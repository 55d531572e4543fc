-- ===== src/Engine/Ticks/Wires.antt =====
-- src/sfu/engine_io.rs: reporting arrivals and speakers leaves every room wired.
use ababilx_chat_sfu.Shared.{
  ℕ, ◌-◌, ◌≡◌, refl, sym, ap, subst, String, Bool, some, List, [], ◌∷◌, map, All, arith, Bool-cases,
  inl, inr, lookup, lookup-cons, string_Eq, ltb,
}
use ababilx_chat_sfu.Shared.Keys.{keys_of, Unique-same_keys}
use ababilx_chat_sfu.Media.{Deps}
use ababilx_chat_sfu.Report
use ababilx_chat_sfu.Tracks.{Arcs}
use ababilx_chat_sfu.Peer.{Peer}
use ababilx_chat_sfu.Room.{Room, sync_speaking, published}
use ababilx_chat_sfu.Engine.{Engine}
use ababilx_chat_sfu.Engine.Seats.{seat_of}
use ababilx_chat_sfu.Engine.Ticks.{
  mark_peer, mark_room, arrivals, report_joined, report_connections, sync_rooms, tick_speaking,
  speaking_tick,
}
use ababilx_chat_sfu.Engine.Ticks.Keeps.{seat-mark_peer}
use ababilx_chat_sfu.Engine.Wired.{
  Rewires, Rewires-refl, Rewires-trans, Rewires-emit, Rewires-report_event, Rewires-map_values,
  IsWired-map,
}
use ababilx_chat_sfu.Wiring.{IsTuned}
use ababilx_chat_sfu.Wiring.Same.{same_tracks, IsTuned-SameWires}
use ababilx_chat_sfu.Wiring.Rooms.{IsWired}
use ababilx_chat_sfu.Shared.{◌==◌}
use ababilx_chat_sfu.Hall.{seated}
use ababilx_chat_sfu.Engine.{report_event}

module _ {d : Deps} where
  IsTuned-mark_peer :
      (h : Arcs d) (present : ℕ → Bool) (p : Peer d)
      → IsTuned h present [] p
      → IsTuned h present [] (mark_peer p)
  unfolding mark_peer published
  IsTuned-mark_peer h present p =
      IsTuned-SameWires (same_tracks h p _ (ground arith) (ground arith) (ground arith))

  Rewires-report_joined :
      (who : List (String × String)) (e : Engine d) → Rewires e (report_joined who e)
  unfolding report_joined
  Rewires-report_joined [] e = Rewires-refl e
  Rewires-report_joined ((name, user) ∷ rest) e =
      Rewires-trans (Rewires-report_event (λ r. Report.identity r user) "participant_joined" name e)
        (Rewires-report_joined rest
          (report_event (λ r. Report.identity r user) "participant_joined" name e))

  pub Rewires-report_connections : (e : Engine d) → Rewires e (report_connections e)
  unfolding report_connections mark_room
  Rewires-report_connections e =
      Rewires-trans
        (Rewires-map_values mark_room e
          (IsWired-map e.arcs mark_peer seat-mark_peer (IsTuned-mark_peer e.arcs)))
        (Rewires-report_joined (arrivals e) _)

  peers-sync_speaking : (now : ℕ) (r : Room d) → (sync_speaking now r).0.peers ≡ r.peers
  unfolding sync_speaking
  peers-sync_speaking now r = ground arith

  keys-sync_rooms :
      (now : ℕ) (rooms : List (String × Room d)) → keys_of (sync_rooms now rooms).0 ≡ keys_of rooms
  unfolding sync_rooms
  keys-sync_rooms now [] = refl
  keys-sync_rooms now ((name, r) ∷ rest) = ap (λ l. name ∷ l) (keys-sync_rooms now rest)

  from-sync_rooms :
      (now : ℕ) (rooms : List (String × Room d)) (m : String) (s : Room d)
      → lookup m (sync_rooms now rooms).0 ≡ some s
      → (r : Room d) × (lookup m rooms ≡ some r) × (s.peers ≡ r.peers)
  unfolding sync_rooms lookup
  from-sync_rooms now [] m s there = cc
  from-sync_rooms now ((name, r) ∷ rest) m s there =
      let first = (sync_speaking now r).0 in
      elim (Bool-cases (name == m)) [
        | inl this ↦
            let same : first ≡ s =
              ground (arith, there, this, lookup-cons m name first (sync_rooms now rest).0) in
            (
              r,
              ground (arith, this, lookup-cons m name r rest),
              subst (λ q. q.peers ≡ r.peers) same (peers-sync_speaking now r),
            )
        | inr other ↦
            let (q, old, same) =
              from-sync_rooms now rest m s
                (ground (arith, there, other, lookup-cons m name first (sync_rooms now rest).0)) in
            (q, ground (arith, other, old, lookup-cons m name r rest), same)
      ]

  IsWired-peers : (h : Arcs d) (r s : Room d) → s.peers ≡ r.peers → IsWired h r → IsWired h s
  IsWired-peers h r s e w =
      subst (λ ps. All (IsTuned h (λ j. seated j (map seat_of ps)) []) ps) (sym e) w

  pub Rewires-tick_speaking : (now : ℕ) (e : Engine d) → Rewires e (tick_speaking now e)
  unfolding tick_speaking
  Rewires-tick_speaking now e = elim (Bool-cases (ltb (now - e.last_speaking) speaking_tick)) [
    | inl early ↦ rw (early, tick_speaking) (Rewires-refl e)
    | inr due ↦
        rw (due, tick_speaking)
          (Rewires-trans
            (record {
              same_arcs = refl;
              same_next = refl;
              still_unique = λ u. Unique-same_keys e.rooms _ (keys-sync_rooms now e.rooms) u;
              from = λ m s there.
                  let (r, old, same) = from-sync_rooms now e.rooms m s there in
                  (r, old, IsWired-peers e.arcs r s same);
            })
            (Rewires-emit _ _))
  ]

==

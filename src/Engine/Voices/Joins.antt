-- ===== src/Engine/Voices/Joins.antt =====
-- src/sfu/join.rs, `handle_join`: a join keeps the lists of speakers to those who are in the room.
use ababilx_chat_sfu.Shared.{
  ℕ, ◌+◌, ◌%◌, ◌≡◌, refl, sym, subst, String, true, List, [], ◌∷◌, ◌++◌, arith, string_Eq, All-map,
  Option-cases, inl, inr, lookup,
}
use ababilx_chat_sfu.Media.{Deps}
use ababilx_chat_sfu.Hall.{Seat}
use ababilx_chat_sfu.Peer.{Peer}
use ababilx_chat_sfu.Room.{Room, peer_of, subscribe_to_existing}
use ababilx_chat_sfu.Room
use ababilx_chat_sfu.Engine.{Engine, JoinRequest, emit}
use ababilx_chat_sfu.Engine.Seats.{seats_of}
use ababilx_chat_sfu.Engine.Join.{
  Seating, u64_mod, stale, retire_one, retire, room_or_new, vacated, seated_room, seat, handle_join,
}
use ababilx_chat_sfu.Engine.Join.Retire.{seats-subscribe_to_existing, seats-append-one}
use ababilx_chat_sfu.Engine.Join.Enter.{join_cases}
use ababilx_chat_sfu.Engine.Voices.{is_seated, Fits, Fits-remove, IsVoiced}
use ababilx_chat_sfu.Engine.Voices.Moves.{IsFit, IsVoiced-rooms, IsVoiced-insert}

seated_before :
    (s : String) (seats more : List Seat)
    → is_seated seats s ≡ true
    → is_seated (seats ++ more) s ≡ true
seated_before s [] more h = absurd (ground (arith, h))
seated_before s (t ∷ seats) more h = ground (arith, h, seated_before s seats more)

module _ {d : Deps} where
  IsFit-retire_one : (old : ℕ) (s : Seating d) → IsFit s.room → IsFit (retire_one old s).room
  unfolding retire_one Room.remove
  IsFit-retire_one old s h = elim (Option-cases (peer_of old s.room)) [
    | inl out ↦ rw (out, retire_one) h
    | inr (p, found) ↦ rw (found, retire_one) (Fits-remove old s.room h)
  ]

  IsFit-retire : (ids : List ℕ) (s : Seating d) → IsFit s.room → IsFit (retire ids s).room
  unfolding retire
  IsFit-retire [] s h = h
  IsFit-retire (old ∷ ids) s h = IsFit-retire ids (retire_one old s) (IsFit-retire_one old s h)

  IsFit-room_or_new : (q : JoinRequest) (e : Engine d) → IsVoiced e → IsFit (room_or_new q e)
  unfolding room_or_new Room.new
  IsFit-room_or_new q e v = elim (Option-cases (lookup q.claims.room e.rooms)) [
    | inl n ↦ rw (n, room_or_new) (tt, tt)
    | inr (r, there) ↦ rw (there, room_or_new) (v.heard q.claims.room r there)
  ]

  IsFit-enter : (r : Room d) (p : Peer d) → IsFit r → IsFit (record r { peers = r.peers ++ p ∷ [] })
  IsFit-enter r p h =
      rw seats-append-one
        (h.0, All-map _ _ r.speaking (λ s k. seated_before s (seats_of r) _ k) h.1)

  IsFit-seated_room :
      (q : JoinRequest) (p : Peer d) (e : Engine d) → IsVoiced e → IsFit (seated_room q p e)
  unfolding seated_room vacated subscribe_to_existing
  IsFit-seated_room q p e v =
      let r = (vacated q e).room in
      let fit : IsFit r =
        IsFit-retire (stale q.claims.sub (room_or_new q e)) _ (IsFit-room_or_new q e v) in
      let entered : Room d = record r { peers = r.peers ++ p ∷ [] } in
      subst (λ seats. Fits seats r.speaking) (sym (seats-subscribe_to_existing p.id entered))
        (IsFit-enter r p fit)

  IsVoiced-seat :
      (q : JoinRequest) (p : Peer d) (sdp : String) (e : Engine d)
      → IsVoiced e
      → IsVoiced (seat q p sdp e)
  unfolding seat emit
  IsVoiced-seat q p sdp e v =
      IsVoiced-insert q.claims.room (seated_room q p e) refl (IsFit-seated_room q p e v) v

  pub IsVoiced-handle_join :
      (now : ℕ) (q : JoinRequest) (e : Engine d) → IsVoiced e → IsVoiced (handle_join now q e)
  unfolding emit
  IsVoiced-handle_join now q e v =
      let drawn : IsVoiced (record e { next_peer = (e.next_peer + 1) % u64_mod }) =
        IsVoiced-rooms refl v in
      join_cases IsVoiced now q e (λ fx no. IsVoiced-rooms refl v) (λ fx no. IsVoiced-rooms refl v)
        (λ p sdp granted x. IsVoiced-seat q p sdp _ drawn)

==

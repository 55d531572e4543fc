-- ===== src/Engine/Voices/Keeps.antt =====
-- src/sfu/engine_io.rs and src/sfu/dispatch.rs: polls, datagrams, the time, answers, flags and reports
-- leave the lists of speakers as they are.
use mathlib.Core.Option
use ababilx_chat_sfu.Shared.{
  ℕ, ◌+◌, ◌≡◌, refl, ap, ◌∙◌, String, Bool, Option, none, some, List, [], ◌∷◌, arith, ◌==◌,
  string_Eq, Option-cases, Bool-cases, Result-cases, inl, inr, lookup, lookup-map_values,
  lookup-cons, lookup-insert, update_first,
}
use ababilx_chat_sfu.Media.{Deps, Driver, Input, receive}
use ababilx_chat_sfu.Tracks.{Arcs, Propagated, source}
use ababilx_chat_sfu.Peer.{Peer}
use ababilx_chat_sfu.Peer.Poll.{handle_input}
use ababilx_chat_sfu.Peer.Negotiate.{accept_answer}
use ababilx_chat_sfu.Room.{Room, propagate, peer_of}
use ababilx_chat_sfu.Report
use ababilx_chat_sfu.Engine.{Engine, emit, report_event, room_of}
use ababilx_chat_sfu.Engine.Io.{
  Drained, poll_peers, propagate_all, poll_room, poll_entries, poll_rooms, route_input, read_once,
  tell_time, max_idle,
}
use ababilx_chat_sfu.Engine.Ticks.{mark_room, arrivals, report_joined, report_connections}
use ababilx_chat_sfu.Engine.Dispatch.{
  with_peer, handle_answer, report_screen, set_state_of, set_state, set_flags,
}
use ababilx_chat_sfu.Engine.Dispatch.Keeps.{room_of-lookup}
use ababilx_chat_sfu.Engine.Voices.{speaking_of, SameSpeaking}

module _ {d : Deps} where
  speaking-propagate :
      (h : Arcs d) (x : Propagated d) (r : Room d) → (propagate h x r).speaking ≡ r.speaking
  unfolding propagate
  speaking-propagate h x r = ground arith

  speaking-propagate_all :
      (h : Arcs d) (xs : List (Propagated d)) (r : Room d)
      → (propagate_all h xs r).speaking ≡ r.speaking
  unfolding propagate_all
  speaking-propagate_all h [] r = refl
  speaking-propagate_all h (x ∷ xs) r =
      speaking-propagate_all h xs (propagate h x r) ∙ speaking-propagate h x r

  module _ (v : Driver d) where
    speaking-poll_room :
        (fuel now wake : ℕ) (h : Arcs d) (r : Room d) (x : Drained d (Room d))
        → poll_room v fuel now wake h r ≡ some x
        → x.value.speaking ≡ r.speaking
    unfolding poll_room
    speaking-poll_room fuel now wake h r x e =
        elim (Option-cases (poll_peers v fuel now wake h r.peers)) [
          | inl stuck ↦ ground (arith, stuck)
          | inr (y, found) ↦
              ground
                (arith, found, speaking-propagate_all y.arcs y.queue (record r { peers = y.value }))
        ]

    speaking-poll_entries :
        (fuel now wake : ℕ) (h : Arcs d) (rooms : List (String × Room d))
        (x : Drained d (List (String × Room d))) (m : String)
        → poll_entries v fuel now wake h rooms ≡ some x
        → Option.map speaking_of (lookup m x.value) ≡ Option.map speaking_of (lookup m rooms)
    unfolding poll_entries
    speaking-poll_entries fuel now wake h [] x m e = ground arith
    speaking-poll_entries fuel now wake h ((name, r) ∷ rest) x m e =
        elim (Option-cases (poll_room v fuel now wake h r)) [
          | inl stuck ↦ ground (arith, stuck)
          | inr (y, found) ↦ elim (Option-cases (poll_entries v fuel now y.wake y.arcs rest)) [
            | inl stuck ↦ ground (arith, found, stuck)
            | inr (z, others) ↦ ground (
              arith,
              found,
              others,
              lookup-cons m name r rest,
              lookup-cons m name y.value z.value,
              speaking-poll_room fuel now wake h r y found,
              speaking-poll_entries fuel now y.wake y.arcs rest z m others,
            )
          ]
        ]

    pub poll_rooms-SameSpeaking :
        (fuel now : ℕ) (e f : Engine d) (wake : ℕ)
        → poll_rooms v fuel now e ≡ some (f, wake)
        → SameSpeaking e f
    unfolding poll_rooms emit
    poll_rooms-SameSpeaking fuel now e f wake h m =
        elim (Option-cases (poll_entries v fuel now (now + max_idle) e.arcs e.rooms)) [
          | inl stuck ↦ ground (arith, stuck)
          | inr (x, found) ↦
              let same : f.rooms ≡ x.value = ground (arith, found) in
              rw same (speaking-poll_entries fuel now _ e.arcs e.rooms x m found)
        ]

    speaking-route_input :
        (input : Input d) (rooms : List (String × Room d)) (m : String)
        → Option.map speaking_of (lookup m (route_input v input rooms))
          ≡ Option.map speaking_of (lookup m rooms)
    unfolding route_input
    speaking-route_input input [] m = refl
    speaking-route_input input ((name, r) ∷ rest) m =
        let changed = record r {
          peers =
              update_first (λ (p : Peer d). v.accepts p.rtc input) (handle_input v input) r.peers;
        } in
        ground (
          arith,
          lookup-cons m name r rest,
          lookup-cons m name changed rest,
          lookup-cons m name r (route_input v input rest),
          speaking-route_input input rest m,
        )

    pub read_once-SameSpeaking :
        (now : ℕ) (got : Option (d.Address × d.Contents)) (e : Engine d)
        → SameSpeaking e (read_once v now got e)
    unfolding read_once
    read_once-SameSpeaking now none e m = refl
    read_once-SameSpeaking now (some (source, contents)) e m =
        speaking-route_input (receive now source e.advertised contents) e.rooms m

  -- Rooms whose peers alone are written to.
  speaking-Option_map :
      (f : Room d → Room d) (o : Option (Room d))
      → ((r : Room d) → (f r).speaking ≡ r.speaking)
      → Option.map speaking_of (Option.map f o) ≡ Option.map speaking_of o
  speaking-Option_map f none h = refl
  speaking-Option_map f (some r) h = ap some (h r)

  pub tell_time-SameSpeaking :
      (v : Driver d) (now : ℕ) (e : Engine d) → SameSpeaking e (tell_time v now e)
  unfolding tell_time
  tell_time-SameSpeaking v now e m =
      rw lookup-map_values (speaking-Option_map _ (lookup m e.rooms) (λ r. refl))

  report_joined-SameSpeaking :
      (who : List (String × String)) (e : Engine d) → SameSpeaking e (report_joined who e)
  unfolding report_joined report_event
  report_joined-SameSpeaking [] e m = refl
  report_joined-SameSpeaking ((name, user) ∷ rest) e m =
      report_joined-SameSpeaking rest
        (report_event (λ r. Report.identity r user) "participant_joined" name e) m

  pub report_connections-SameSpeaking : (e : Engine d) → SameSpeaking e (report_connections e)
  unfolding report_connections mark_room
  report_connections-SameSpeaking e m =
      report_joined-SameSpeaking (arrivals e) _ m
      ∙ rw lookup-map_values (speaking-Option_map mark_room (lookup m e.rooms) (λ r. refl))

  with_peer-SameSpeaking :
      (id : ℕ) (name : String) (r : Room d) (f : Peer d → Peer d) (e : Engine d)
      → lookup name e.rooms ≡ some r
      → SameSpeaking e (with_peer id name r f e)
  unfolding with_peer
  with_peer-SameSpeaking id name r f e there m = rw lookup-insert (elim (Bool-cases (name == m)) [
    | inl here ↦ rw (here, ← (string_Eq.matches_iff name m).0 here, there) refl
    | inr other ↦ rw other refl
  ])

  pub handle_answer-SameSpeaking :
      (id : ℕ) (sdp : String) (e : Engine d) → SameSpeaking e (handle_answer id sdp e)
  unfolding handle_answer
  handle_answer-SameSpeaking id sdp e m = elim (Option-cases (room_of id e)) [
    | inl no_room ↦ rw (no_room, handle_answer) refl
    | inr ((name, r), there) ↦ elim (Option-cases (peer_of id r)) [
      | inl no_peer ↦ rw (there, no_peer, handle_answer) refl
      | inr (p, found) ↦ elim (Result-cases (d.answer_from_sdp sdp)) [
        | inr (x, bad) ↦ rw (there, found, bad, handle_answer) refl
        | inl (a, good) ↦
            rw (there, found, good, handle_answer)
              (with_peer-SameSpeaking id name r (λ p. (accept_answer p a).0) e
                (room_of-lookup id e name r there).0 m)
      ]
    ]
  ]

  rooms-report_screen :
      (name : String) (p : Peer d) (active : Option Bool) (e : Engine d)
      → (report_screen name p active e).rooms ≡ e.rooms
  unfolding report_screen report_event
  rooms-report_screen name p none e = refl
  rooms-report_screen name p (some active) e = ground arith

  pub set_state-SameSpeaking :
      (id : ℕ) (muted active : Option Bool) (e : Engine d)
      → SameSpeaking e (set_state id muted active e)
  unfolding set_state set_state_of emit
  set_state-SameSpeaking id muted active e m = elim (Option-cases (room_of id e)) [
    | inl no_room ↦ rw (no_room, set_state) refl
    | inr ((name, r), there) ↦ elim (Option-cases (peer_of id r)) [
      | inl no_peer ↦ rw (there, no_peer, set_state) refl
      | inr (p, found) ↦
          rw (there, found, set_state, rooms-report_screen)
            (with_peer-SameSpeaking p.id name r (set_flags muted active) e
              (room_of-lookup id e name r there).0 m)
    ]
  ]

→ **Exercise requirements**
Lines to set down from above: the line with "ground (arith, there, this, lookup-cons", the line with "subst (λ q.", and every line between, each exactly as written.

→ **Output for this task**
              ground (arith, there, this, lookup-cons m name first (sync_rooms now rest).0) in
            (
              r,
              ground (arith, this, lookup-cons m name r rest),
              subst (λ q. q.peers ≡ r.peers) same (peers-sync_speaking now r),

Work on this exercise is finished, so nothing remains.